## Your instructions
Count the lines below that contain the word "Type", and reply with that number alone.

BEGIN The data

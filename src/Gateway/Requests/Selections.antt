-- ===== src/Gateway/Requests/Selections.antt =====
-- The lists of servers, skills, subagents and tools: what `sanitizeUniqueStrings` keeps of them.
use kkode.Prelude.{
  true, false, ◌||◌, ◌&&◌, not, List, [], ◌∷◌, ◌≡◌, refl, ap, arith, map, Bool-cases, inl, inr,
}
use kkode.Strings.{Text, is_empty, text_eq, trim_space}
use kkode.Strings.Trimming.{trim_space_idem}
use kkode.Strings.Prefixes.{text_eq_iff, text_eq_refl}
use kkode.Gateway.Requests.{has_name, unique_from, sanitize_unique_strings}

-- No text occurs twice.
abbrev pub AreDistinct : List Text → Type 0
AreDistinct [] = Unit {0}
AreDistinct (t ∷ ts) = (has_name ts t ≡ false) × AreDistinct ts

has_name_cong : (ts : List Text) (t u : Text) → text_eq t u ≡ true → has_name ts t ≡ has_name ts u
has_name_cong ts t u e = ap (has_name ts) ((text_eq_iff t u).0 e)

-- What was seen is not given again.
unique_from-seen :
    (seen names : List Text) (t : Text)
    → has_name seen t ≡ true
    → has_name (unique_from seen names) t ≡ false
unfolding unique_from has_name
unique_from-seen seen [] t h = refl
unique_from-seen seen (name ∷ names) t h =
    elim (Bool-cases (is_empty (trim_space name) || has_name seen (trim_space name))) [
      | inl e ↦ rw e (unique_from-seen seen names t h)
      | inr e ↦ rw e (
          ground (
            arith,
            h,
            e,
            has_name_cong seen (trim_space name) t,
            unique_from-seen (trim_space name ∷ seen) names t,
          ))
    ]

has_name-head : (t : Text) (ts : List Text) → has_name (t ∷ ts) t ≡ true
unfolding has_name
has_name-head t ts = rw (text_eq_refl t)

unique_from-AreDistinct : (seen names : List Text) → AreDistinct (unique_from seen names)
unfolding unique_from
unique_from-AreDistinct seen [] = tt
unique_from-AreDistinct seen (name ∷ names) =
    elim (Bool-cases (is_empty (trim_space name) || has_name seen (trim_space name))) [
      | inl e ↦ rw e (unique_from-AreDistinct seen names)
      | inr e ↦
          let t = trim_space name in
          rw e (
            unique_from-seen (t ∷ seen) names t (has_name-head t seen),
            unique_from-AreDistinct (t ∷ seen) names,
          )
    ]

is_empty_cong : (t u : Text) → text_eq t u ≡ true → is_empty t ≡ is_empty u
is_empty_cong t u e = ap is_empty ((text_eq_iff t u).0 e)

unique_from-has_name :
    (seen names : List Text) (t : Text)
    → is_empty t ≡ false
    → has_name seen t ≡ false
    → has_name (unique_from seen names) t ≡ has_name (map trim_space names) t
unfolding unique_from has_name
unique_from-has_name seen [] t n h = refl
unique_from-has_name seen (name ∷ names) t n h = ground (
  arith,
  n,
  h,
  unique_from-has_name seen names t,
  unique_from-has_name (trim_space name ∷ seen) names t,
  has_name_cong seen (trim_space name) t,
  is_empty_cong (trim_space name) t,
)

text_eq-nil : (t : Text) → text_eq t [] ≡ is_empty t
unfolding text_eq is_empty
text_eq-nil [] = refl
text_eq-nil (c ∷ t) = refl

-- Every text is kept as it is: none is empty and none was seen before.
AreKept : List Text → List Text → Type 0
AreKept seen [] = Unit {0}
AreKept seen (t ∷ ts) =
    (is_empty t ≡ false) × (has_name seen t ≡ false) × (trim_space t ≡ t) × AreKept (t ∷ seen) ts

unique_from-AreKept : (seen names : List Text) → AreKept seen (unique_from seen names)
unfolding unique_from AreKept
unique_from-AreKept seen [] = tt
unique_from-AreKept seen (name ∷ names) =
    elim (Bool-cases (is_empty (trim_space name) || has_name seen (trim_space name))) [
      | inl e ↦ rw e (unique_from-AreKept seen names)
      | inr e ↦
          let t = trim_space name in
          rw e (
            ground (arith, e),
            ground (arith, e),
            trim_space_idem name,
            unique_from-AreKept (t ∷ seen) names,
          )
    ]

unique_from_kept : (seen ts : List Text) → AreKept seen ts → unique_from seen ts ≡ ts
unfolding unique_from AreKept
unique_from_kept seen [] h = refl
unique_from_kept seen (t ∷ ts) (n, f, q, h) =
    rw (q, n, f) (ap (◌∷◌ t) (unique_from_kept (t ∷ seen) ts h))

unique_from-empty : (seen names : List Text) → has_name (unique_from seen names) [] ≡ false
unfolding unique_from has_name
unique_from-empty seen [] = refl
unique_from-empty seen (name ∷ names) =
    elim (Bool-cases (is_empty (trim_space name) || has_name seen (trim_space name))) [
      | inl e ↦ rw e (unique_from-empty seen names)
      | inr e ↦ rw e (
          ground (
            arith,
            e,
            text_eq-nil (trim_space name),
            unique_from-empty (trim_space name ∷ seen) names,
          ))
    ]

is_empty-eq : (t : Text) → is_empty t ≡ true → t ≡ []
unfolding is_empty
is_empty-eq [] h = refl
is_empty-eq (c ∷ t) h = cc

-- What `sanitizeUniqueStrings` keeps has no text twice, a text stands in it exactly where it is not
-- empty and the trimmed names have it, and to sanitise it again changes nothing.
pub sanitize_unique_strings_lem :
    (names : List Text)
    → AreDistinct (sanitize_unique_strings names)
      × ((t : Text)
          → has_name (sanitize_unique_strings names) t
            ≡ not (is_empty t) && has_name (map trim_space names) t)
      × (sanitize_unique_strings (sanitize_unique_strings names) ≡ sanitize_unique_strings names)
unfolding sanitize_unique_strings
sanitize_unique_strings_lem names = (
  unique_from-AreDistinct [] names,
  λ t. elim (Bool-cases (is_empty t)) [
    | inl e ↦ rw (e, is_empty-eq t e) (unique_from-empty [] names)
    | inr e ↦ rw e (unique_from-has_name [] names t e refl)
  ],
  unique_from_kept [] _ (unique_from-AreKept [] names),
)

END The data

## Solution below
2